A comparison of the PTX pseudo-assembly codes produced by the two driver versions shows that global loads and stores of double3 and double4 vector types are compiled differently:
//
// Generated by NVIDIA NVVM Compiler
// Compiler built on Tue Dec 2 13:17:36 2014 (1417544256)
// Driver 340.65
//
.version 3.0
.target sm_30, texmode_independent
.address_size 32
.entry test_double3(
.param .u32 .ptr .global .align 32 test_double3_param_0,
.param .u32 .ptr .global .align 32 test_double3_param_1
)
{
.reg .f64 %fd<19>;
.reg .s32 %r<12>;
ld.param.u32 %r5, [test_double3_param_0];
ld.param.u32 %r6, [test_double3_param_1];
// inline asm
mov.u32 %r1, %envreg3;
// inline asm
// inline asm
mov.u32 %r2, %ntid.x;
// inline asm
// inline asm
mov.u32 %r3, %ctaid.x;
// inline asm
// inline asm
mov.u32 %r4, %tid.x;
// inline asm
add.s32 %r7, %r4, %r1;
mad.lo.s32 %r8, %r3, %r2, %r7;
shl.b32 %r9, %r8, 5;
add.s32 %r10, %r6, %r9;
mov.f64 %fd1, 0d3F50624DD2F1A9FC;
add.s32 %r11, %r5, %r9;
mov.f64 %fd2, 0d0000000000000000;
ld.global.v2.f64 {%fd3, %fd4}, [%r11];
ld.global.v2.f64 {%fd5, %fd6}, [%r10];
fma.rn.f64 %fd9, %fd5, %fd1, %fd3;
fma.rn.f64 %fd10, %fd6, %fd1, %fd4;
ld.global.v2.f64 {%fd11, %fd12}, [%r11+16];
ld.global.v2.f64 {%fd13, %fd14}, [%r10+16];
st.global.v2.f64 [%r11], {%fd9, %fd10};
fma.rn.f64 %fd15, %fd13, %fd1, %fd11;
st.global.v2.f64 [%r11+16], {%fd15, %fd2};
ret;
}
//
// Generated by NVIDIA NVVM Compiler
//
// Compiler Build ID: CL-19683103
// Driver 346.82
// Based on LLVM 3.4svn
//
.version 4.2
.target sm_35, texmode_independent
.address_size 32
// .globl test_double3
.entry test_double3(
.param .u32 .ptr .global .align 32 test_double3_param_0,
.param .u32 .ptr .global .align 32 test_double3_param_1
)
{
.reg .s32 %r<12>;
.reg .f64 %fd<10>;
ld.param.u32 %r1, [test_double3_param_0];
ld.param.u32 %r2, [test_double3_param_1];
mov.b32 %r3, %envreg3;
mov.u32 %r4, %ntid.x;
mov.u32 %r5, %ctaid.x;
mad.lo.s32 %r6, %r5, %r4, %r3;
mov.u32 %r7, %tid.x;
add.s32 %r8, %r6, %r7;
shl.b32 %r9, %r8, 5;
add.s32 %r10, %r2, %r9;
ld.global.f64 %fd1, [%r10+16];
ld.global.f64 %fd2, [%r10+8];
ld.global.f64 %fd3, [%r10];
add.s32 %r11, %r1, %r9;
ld.global.f64 %fd4, [%r11];
fma.rn.f64 %fd5, %fd3, 0d3F50624DD2F1A9FC, %fd4;
ld.global.f64 %fd6, [%r11+8];
fma.rn.f64 %fd7, %fd2, 0d3F50624DD2F1A9FC, %fd6;
ld.global.f64 %fd8, [%r11+16];
fma.rn.f64 %fd9, %fd1, 0d3F50624DD2F1A9FC, %fd8;
st.global.f64 [%r11+16], %fd9;
st.global.f64 [%r11+8], %fd7;
st.global.f64 [%r11], %fd5;
ret;
}
The Kepler microarchitecture support global loads and stores up to 16 bytes.
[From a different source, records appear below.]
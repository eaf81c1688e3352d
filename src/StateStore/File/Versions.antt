-- ===== src/StateStore/File/Versions.antt =====
-- Versions in the file store (ues/state_store.py, `DeterministicFileStateStore`): of two writers that
-- expect the same version of an operation, the later one is refused.
use universal_execution_syst.Prelude.{
  ℕ, suc, ◌≤◌, ◌<◌, String, ◌≡◌, ◌≢◌, refl, ap, subst, inl, inr, Bool-cases, List, [], ◌∷◌, arith,
  ◌==◌, eq_iff, eq_refl,
}
use universal_execution_syst.Prelude.Lists.{lookup, lookup-insert}
use universal_execution_syst.Prelude.Results.{Result, ok, raise, state_version_conflict}
use universal_execution_syst.Runtime.{Runtime}
use universal_execution_syst.StateStore.Model.{
  WorkstreamRuntimeRecord, OperationRecord, OperationRead,
}
use universal_execution_syst.StateStore.Document.{
  FileState, FileStore, absent, unreadable, document, actual_version, write_workstream,
  write_operation,
}
use universal_execution_syst.StateStore.File.{
  compare_and_swap_workstream, swap_workstream, compare_and_swap_operation, swap_operation,
  acquire_lease, take_lease, release_lease, finish_operation,
}
use universal_execution_syst.StateStore.File.Lanes.{
  LanesKeep, cas_workstream_keeps, acquire_keeps, release_keeps,
}
use universal_execution_syst.StateStore.File.Swap.{Swapped, written_entry, swap_operation-Swapped}

-- The version of the operation in the file, 0 where it has none.
abbrev pub version_in : String → FileState → ℕ
version_in k (document d) = actual_version (lookup k d.operations)
version_in k _ = 0

abbrev pub version_of : String → FileStore → ℕ
version_of k s = version_in k s.file

version-LanesKeep : (rt : Runtime) (k : String) → LanesKeep rt (version_of k)
unfolding swap_workstream take_lease write_workstream
version-LanesKeep rt k = record {
  swap_keeps = λ lane v r s s' h. ground arith;
  take_keeps = λ lane owner op ttl now s s' l h. ground arith;
}

-- A call of one of the writing methods, by any writer, with all of its arguments.
pub data Call : Type 0 where
  write_lane : String → ℕ → WorkstreamRuntimeRecord → Call
  write_record : String → ℕ → OperationRecord → Call
  lease : String → String → String → ℕ → ℕ → Call
  give_back : String → String → ℕ → Call

module _ (rt : Runtime) where
  unfoldable pub after_call : Call → FileStore → FileStore
  after_call (write_lane l v r) s = (compare_and_swap_workstream rt l v r s).1
  after_call (write_record k v r) s = (compare_and_swap_operation rt k v r s).1
  after_call (lease l owner op ttl now) s = (acquire_lease rt l owner op ttl now s).1
  after_call (give_back l id now) s = (release_lease rt l id now s).1

  unfoldable pub after_calls : List Call → FileStore → FileStore
  unfolding after_call
  after_calls [] s = s
  after_calls (c ∷ cs) s = after_calls cs (after_call c s)

  module _ (k : String) where
    Swapped-version_self :
        (v : ℕ) (r : OperationRecord) (s s' : FileStore)
        → Swapped rt k v r s s'
        → (version_of k s ≡ v) × (version_of k s' ≡ suc v)
    unfolding write_operation
    Swapped-version_self v r s s' w = (
      rw (w.was) (w.version),
      rw (w.left, lookup-insert k k (written_entry rt v r) w.doc.operations, eq_refl k)
          (omega arith),
    )

    Swapped-version_ne :
        (j : String) (v : ℕ) (r : OperationRecord) (s s' : FileStore)
        → j ≢ k
        → Swapped rt j v r s s'
        → version_of k s' ≡ version_of k s
    unfolding write_operation
    Swapped-version_ne j v r s s' ne w = ground (
      arith,
      w.was,
      w.left,
      lookup-insert j k (written_entry rt v r) w.doc.operations,
      eq_iff j k,
    )

    Swapped-version :
        (j : String) (v : ℕ) (r : OperationRecord) (s s' : FileStore)
        → Swapped rt j v r s s'
        → version_of k s ≤ version_of k s'
    Swapped-version j v r s s' w = elim (Bool-cases (j == k)) [
      | inl e ↦
          let same = (eq_iff j k).0 e in
          let (old, new) =
            Swapped-version_self v r s s' (subst (λ i. Swapped rt i v r s s') same w) in
          omega (arith, old, new)
      | inr e ↦
          let kept = Swapped-version_ne j v r s s' (λ p. cc (e, (eq_iff j k).1 p)) w in
          omega (arith, kept)
    ]

    finish-version :
        (j : String) (v : ℕ) (r : OperationRecord) (s : FileStore) (m : Result FileStore)
        → swap_operation rt j v r s ≡ m
        → version_of k s ≤ version_of k (finish_operation rt j s m).1
    finish-version j v r s (ok s') e =
        Swapped-version j v r s s' (swap_operation-Swapped rt j v r s s' e)
    finish-version j v r s (raise x) e = omega arith

    call-version : (c : Call) (s : FileStore) → version_of k s ≤ version_of k (after_call c s)
    unfolding after_call compare_and_swap_operation
    call-version (write_lane l v r) s =
        let e = cas_workstream_keeps rt (version_of k) (version-LanesKeep rt k) l v r s in
        omega (arith, e)
    call-version (write_record j v r) s = finish-version j v r s (swap_operation rt j v r s) refl
    call-version (lease l owner op ttl now) s =
        let e = acquire_keeps rt (version_of k) (version-LanesKeep rt k) l owner op ttl now s in
        omega (arith, e)
    call-version (give_back l id now) s =
        let e = release_keeps rt (version_of k) (version-LanesKeep rt k) l id now s in
        omega (arith, e)

    -- Whatever calls are made, the version of an operation never decreases.
    pub calls-version :
        (calls : List Call) (s : FileStore) → version_of k s ≤ version_of k (after_calls calls s)
    unfolding after_calls
    calls-version [] s = omega arith
    calls-version (c ∷ cs) s =
        let step = call-version c s in
        let rest = calls-version cs (after_call c s) in omega (arith, step, rest)

    won :
        (v : ℕ) (r : OperationRecord) (s : FileStore) (o : OperationRead) (m : Result FileStore)
        → swap_operation rt k v r s ≡ m
        → (finish_operation rt k s m).0 ≡ ok o
        → v < version_of k (finish_operation rt k s m).1
    won v r s o (ok s') e h =
        let (old, new) = Swapped-version_self v r s s' (swap_operation-Swapped rt k v r s s' e) in
        omega (arith, new)
    won v r s o (raise x) e h = cc

    conflict_in :
        (v : ℕ) (r : OperationRecord) (s : FileStore) (f : FileState)
        → s.file ≡ f
        → v < version_in k f
        → r.operation_key ≡ k
        → swap_operation rt k v r s ≡ raise state_version_conflict
    unfolding swap_operation
    conflict_in v r s absent e newer same = absurd (omega (arith, newer))
    conflict_in v r s unreadable e newer same = absurd (omega (arith, newer))
    conflict_in v r s (document d) e newer same =
        ground (arith, e, newer, (eq_iff r.operation_key k).1 same)

    conflict :
        (v : ℕ) (r : OperationRecord) (s : FileStore)
        → v < version_of k s
        → r.operation_key ≡ k
        → compare_and_swap_operation rt k v r s ≡ (raise state_version_conflict, s)
    unfolding compare_and_swap_operation
    conflict v r s newer same =
        ap (finish_operation rt k s) (conflict_in v r s s.file refl newer same)

    newer_version :
        (v : ℕ) (r : OperationRecord) (s : FileStore) (o : OperationRead)
        → (compare_and_swap_operation rt k v r s).0 ≡ ok o
        → v < version_of k (compare_and_swap_operation rt k v r s).1
    unfolding compare_and_swap_operation
    newer_version v r s o h = won v r s o (swap_operation rt k v r s) refl h

    -- Of two writers of an operation that expect the same version, where the first has written, the
    -- other, whatever record it writes and whatever calls are made in between, changes nothing and
    -- raises StateVersionConflict, if its record is of the operation.
    pub later_writer_conflicts :
        (v : ℕ) (first second : OperationRecord) (calls : List Call) (s : FileStore)
        (o : OperationRead)
        → second.operation_key ≡ k
        → (compare_and_swap_operation rt k v first s).0 ≡ ok o
        → compare_and_swap_operation rt k v second
            (after_calls calls (compare_and_swap_operation rt k v first s).1)
          ≡ (
            raise state_version_conflict,
            after_calls calls (compare_and_swap_operation rt k v first s).1,
          )
    later_writer_conflicts v first second calls s o same h =
        let written = (compare_and_swap_operation rt k v first s).1 in
        let newer = newer_version v first s o h in
        let later = calls-version calls written in
        conflict v second (after_calls calls written) (omega (arith, newer, later)) same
For the double3 or double4 vector type, the CUDA 6.5 driver splits a load/store into two 16-byte operations. The CUDA 7.0 driver however splits a load/store into three or four 8-byte operations. The latter appears to be less efficient due to the increased memory latency of four/three versus two operations.